AVIDD est omnis divisus in partes quartes quarum una in Bloomington, alia in Indianapolis, tertia in Gary locatur. Pars quarta quoque in Indianapolis locatur, sed restricta est.
This is how Julius Caesar might have described the AVIDD cluster before vanquishing it, burning it to cinder and enslaving its administrators: it is made of four parts, of which the first resides in Bloomington, another in Indianapolis and the third one in Gary. The fourth part lives in Indianapolis too, but is accessible to IU Computer Science researchers only.
The IUB component of the cluster has 97 computational nodes, 4 file serving nodes (too few for a cluster of this size and, especially, for a cluster dedicated to IO, and 3 head nodes. The IUPUI component is similarly configured, i.e., it has 97 computational nodes, 4 file serving nodes and 3 head nodes.
The IUN component has only 8 nodes. It is supposed to be used for teaching, e.g., for a course like I590, but I cannot reach it from Bloomington (it may be fire-walled) and so I didn't have a chance to look at it yet.
All AVIDD nodes we are going to work with are 2-way IA32 (Pentium 4) SMPs and run Linux 2.4. So, in effect, we have 194 CPUs dedicated to computations on each of the two major IA32 components and you can submit jobs that span both components, utilizing all 388 CPUs. These CPUs run at 2.4 GHz, and their floating-point unit registers are 128-bit long. They support streaming SIMD (Single Instruction Multiple Data) instructions. This means that you can perform, in theory, up to 931.2 quadruple precision floating point operations per second on the whole 2-component cluster, or double that in double precision, if you pack your instructions and data movement within the floating point processor very cleverly.

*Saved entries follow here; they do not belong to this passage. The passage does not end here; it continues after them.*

-- ===== src/Ring/Queue.antt =====
-- What a ring promises: a FIFO queue of at most `cap` values that takes and gives whole batches.
use fuxi_n.Prelude.{ℕ, ◌-◌, ltb, if◌then◌else◌, List, [], ◌++◌, length, take, drop}

module _ {A : Type 0} where
  -- How many values went in, the room that is left, and the queue.
  unfoldable pub offer : ℕ → List A → List A → ℕ × ℕ × List A
  offer cap q batch =
      let room = cap - length q in
      if ltb room (length batch)
      then (0, room, q)
      else (length batch, room - length batch, q ++ batch)

  -- How many values came out, how many are left, the batch, and the queue.
  unfoldable pub poll : List A → ℕ → ℕ × ℕ × List A × List A
  poll q n =
      if ltb (length q) n then (0, length q, [], q) else (n, length q - n, take n q, drop n q)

This performance will collapse dramatically if you have to feed your data into the floating-point unit from the memory of the computer, because, first, the memory bus is only 32-bits wide, and second, it's going to take great many cycles to move a 32-bit wide word from memory to the CPU. Nevertheless, our very clever computer scientists managed to wrench more than a TFLOPS performance from the combined 4-component cluster on a LINPACK benchmark. On a normal off-the-shelf parallel application, running on the whole cluster, you should expect about 5% of this, i.e., about 50 GFLOPS. With a lot of optimization you may be able to get it up to about 80 GFLOPS. The trick is to load as much data as possible into these 128-bit long registers of the floating point unit, and then keep the data there as you compute on it, while moving data in the background between memory and higher level caches.
We will not go into any of this, because it is a complete waste of time
unless you are a well paid professional programmer optimizing a commercial application for a commercial customer.
Always read the small print at the bottom of the page!
This is where you may find some really interesting stuff, like the fact that I am an alien in a human shape, with a body made of organic stuff that is quite worn out by now so that it is discolored, wrinkled and falls off in places. We arrived here in the Solar System shortly after what you call World War II and have been here ever since. My real body looks a little like a large octopus and was engineered to be resistant to vacuum, high radiation doses, temperature extremes and weightlessness, and right at this moment it is floating in front of a servo-robot manipulator in a spaceship hidden at the Lagrange point behind your moon. The manipulator is tele-linked to the body you see in front of you in the class. There is a slight delay between my instructions and the body's responses that may seem to you like your professor has slow reactions and is absent minded. Since this is typical of your faculty in general, we never had to do much about it.